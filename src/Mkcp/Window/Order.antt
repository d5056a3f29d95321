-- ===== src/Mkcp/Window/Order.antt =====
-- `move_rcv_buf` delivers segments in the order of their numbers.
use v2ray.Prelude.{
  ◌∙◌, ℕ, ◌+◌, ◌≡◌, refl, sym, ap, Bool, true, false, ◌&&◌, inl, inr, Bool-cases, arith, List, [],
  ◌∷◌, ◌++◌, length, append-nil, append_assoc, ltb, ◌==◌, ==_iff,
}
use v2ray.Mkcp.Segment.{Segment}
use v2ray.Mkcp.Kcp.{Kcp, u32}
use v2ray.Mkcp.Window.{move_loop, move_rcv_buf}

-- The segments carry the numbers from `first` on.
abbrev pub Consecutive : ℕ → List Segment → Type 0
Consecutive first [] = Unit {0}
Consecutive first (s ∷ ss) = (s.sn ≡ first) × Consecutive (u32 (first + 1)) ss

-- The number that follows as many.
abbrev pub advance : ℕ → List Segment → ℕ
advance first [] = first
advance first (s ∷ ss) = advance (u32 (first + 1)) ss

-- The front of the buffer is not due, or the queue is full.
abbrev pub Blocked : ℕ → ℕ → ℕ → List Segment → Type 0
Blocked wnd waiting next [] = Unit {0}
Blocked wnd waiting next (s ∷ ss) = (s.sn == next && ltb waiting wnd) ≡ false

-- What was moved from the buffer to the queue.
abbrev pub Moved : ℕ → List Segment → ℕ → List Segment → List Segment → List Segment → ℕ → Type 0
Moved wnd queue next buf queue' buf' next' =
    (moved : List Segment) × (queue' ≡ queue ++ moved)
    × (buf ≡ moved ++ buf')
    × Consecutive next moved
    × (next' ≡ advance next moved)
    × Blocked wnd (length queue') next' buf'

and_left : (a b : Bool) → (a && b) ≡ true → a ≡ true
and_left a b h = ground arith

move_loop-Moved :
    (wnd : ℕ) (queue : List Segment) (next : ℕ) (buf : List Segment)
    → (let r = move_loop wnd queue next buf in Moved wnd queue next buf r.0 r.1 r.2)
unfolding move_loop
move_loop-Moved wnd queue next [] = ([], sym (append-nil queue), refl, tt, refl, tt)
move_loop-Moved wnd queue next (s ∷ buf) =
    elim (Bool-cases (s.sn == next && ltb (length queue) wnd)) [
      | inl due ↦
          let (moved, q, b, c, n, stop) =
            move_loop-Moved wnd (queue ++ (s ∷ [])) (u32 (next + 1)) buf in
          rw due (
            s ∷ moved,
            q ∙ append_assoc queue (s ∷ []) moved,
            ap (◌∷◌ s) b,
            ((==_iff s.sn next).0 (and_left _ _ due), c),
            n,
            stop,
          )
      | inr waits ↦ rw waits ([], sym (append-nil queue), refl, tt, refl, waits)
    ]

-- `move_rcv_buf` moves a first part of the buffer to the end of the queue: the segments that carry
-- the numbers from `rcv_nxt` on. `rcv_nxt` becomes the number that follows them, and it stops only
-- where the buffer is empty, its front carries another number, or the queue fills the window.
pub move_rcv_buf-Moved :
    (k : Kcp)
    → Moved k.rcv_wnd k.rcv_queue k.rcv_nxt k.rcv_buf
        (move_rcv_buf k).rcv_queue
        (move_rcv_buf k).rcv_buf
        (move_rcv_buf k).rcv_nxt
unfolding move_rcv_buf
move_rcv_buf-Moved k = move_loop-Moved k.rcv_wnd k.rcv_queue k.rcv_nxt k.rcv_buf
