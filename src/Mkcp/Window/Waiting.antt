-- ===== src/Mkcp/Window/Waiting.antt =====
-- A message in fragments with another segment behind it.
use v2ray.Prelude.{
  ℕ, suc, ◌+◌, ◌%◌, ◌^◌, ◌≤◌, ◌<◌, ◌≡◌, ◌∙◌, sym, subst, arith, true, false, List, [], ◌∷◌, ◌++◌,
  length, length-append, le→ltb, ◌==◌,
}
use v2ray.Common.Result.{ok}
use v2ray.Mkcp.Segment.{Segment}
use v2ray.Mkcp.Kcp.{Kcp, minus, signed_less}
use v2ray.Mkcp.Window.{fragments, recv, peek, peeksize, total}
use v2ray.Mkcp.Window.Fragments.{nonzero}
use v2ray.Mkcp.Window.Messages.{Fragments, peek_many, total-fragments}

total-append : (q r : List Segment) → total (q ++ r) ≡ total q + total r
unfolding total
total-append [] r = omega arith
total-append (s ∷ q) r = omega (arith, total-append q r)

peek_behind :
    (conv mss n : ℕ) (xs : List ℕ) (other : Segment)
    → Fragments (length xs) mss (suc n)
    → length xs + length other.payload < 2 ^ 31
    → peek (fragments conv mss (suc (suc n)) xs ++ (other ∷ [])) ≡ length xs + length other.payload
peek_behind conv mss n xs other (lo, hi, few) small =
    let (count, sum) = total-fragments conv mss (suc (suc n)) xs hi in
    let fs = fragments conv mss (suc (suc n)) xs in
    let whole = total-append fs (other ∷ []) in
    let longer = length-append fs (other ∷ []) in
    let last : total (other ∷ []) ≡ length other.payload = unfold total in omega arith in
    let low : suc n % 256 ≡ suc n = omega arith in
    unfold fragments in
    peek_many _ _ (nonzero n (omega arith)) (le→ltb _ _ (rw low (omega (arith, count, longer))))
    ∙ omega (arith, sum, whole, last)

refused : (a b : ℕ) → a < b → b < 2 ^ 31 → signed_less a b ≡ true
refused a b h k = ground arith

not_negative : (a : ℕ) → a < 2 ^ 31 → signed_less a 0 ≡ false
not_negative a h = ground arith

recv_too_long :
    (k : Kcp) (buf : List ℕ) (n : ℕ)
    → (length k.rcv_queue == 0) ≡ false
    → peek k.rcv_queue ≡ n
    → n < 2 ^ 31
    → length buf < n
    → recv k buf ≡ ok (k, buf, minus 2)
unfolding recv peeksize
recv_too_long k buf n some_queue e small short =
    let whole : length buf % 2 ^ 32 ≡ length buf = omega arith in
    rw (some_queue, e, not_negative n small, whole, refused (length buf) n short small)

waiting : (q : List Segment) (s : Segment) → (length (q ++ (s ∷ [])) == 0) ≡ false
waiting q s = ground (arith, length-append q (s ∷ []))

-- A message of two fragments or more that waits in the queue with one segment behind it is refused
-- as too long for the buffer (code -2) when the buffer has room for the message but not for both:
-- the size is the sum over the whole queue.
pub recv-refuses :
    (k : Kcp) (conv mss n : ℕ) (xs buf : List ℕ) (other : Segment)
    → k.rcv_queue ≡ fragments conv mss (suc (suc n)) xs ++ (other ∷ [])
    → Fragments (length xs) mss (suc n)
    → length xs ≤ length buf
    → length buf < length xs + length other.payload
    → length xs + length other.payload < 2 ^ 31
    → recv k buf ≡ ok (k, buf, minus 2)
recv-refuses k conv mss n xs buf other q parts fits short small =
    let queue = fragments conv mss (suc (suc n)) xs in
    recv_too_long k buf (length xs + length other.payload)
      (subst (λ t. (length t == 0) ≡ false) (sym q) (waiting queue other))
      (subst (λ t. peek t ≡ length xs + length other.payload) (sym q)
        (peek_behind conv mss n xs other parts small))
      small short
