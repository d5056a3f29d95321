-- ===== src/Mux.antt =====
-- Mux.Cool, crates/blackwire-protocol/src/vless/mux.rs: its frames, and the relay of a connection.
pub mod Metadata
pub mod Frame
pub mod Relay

--

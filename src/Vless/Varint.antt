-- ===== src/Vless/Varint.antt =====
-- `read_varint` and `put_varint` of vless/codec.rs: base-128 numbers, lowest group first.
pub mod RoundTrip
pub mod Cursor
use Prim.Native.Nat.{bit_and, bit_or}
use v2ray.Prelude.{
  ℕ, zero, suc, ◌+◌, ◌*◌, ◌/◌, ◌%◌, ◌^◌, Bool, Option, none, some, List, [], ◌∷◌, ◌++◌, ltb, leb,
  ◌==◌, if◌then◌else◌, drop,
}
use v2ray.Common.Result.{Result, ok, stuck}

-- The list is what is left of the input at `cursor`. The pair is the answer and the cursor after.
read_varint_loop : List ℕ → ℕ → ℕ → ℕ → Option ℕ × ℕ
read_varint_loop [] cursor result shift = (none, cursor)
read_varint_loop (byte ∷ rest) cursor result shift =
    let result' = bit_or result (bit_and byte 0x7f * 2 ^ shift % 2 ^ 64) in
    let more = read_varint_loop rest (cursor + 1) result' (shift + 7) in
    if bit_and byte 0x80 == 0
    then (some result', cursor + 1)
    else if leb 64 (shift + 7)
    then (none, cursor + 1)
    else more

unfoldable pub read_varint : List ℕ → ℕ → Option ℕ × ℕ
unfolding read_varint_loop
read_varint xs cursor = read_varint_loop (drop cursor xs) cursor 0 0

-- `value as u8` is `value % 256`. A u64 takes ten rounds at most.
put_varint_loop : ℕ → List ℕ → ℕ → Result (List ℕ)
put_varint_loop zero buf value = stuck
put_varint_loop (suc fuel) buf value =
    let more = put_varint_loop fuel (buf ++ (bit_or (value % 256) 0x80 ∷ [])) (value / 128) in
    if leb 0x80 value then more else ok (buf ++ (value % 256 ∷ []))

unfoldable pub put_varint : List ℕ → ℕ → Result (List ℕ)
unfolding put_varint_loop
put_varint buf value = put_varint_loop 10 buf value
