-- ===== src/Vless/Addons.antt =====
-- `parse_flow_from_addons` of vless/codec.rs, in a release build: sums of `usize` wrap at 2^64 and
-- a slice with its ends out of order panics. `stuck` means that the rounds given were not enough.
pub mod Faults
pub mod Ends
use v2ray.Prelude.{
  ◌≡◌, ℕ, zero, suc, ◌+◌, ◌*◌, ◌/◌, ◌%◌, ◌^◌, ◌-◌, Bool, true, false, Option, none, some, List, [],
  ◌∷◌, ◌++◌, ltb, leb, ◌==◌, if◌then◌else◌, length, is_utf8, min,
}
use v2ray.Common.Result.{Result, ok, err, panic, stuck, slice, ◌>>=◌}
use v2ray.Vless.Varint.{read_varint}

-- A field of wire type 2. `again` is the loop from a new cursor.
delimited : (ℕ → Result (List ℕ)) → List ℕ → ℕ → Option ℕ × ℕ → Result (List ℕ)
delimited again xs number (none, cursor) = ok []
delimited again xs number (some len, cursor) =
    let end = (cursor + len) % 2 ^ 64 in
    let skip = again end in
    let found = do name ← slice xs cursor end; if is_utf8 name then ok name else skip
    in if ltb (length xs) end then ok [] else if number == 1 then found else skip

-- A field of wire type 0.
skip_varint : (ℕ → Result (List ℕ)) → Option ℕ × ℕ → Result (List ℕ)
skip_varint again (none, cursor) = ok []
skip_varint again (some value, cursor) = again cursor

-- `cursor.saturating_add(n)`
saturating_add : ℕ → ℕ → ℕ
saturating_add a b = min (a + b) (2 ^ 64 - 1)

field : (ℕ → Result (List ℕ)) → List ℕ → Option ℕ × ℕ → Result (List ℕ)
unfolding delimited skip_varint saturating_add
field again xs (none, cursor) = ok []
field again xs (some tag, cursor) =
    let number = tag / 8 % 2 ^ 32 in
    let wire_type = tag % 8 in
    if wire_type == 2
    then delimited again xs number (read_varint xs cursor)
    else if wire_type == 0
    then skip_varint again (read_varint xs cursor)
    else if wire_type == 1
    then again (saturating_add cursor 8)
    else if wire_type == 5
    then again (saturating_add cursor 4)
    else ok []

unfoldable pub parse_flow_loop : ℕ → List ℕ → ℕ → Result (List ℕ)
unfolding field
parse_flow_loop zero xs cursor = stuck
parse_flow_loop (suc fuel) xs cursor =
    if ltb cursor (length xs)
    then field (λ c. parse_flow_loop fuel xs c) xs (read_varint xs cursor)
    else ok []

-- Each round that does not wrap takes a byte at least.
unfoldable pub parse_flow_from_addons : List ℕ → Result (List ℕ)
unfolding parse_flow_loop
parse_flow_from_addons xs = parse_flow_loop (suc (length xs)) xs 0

--

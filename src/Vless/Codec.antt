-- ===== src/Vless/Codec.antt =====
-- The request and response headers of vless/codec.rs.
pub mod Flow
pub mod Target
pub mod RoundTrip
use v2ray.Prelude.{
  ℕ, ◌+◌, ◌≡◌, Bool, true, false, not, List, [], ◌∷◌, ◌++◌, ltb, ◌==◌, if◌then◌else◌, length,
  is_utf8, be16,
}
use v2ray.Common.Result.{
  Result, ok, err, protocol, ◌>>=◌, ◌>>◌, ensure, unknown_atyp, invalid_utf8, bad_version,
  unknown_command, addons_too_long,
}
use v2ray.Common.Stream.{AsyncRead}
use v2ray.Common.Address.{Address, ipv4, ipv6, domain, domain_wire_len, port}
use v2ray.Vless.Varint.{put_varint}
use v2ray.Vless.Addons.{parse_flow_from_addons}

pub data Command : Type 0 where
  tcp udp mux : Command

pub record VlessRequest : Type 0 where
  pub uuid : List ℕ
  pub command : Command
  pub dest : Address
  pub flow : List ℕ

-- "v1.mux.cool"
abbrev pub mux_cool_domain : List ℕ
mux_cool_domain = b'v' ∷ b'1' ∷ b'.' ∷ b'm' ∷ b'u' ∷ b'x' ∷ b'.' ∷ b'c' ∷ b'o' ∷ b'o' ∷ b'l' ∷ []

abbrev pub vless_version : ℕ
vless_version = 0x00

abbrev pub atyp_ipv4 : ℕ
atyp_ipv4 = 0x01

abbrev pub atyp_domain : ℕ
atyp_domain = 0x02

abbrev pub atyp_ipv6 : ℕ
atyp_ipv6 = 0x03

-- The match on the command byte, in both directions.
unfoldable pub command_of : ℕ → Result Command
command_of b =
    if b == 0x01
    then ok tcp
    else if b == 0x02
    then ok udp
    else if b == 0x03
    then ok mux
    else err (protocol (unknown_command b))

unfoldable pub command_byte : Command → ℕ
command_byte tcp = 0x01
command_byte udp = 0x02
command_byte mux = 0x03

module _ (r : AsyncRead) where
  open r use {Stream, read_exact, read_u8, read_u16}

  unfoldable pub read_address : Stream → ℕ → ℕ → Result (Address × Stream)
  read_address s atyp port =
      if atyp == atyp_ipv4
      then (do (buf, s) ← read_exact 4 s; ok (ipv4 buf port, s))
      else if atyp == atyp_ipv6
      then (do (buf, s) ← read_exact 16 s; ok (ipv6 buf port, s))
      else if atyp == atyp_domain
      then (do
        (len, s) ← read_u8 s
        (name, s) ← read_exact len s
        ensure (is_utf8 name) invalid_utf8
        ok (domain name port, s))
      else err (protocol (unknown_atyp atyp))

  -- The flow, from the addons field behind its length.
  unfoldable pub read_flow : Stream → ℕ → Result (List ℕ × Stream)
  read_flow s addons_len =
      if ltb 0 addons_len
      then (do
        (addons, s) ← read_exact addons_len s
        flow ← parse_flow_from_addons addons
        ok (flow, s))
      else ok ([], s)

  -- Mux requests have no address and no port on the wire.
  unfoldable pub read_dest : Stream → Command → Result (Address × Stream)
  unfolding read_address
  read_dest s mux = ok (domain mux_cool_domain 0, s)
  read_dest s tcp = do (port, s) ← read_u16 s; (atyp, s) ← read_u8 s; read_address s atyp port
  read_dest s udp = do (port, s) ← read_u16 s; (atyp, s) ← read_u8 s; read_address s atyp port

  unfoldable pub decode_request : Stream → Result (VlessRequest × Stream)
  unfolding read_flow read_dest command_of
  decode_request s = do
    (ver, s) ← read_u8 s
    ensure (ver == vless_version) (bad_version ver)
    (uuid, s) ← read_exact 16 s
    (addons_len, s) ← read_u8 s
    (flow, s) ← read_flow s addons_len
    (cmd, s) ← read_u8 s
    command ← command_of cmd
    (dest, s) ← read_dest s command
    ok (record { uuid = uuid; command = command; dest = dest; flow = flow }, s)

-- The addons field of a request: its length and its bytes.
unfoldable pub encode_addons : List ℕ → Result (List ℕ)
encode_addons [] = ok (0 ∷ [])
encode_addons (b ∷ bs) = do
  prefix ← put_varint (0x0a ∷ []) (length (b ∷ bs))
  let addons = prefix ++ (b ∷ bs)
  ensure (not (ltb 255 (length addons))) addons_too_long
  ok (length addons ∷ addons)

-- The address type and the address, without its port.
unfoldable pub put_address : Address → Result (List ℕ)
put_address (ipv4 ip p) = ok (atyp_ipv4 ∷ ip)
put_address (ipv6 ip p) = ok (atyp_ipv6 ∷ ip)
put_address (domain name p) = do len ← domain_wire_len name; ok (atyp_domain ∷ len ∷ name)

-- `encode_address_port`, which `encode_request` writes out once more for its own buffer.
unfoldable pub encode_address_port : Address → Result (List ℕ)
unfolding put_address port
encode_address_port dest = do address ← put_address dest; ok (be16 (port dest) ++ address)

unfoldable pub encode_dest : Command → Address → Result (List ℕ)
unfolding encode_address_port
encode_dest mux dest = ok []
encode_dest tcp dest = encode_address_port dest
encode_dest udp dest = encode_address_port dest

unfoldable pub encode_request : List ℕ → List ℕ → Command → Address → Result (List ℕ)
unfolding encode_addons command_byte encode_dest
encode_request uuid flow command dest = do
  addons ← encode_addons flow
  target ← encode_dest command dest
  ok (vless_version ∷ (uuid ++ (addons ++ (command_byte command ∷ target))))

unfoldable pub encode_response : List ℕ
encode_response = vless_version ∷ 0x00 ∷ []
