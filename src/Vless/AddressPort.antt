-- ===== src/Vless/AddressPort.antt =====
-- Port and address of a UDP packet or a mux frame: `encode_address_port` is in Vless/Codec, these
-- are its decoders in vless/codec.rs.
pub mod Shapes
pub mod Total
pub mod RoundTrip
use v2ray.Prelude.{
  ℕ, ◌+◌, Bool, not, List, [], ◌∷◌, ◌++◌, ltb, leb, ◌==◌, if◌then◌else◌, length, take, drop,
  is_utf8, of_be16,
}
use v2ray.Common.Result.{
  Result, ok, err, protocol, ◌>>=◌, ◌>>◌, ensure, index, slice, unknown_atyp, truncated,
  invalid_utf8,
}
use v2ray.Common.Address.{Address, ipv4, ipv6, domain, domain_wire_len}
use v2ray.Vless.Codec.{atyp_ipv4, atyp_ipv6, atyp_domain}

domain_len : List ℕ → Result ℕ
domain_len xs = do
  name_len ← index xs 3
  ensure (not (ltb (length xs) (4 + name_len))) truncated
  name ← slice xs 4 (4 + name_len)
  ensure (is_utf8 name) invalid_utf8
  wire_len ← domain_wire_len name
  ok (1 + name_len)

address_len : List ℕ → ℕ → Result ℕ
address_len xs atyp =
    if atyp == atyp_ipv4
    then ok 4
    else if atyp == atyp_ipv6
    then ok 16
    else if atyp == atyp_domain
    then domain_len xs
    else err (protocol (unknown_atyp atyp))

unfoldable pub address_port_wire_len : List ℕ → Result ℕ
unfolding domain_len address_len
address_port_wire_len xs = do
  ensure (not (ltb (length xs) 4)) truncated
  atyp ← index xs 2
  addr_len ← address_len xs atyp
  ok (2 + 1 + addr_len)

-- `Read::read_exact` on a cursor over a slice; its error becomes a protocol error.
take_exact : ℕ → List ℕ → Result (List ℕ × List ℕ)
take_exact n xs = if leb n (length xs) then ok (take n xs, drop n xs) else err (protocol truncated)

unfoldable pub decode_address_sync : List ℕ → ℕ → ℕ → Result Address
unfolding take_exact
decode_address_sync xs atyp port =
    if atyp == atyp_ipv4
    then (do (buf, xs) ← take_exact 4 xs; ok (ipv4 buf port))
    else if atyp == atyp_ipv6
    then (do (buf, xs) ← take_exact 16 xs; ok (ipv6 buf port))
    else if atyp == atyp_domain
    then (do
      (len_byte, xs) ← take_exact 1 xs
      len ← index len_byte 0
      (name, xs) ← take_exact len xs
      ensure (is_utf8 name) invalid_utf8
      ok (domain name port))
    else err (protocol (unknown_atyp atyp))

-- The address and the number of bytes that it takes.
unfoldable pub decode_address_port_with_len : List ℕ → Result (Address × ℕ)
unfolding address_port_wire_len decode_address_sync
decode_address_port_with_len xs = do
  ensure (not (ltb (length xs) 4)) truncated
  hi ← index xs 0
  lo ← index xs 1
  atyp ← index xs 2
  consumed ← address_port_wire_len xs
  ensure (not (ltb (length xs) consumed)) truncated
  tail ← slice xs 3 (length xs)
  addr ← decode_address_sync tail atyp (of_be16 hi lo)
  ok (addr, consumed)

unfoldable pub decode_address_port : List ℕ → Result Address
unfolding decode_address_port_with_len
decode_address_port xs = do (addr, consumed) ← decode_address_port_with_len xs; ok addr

_Task:_
Find every line of the records holding "true". Answer with the count alone.

_Task answer:_
6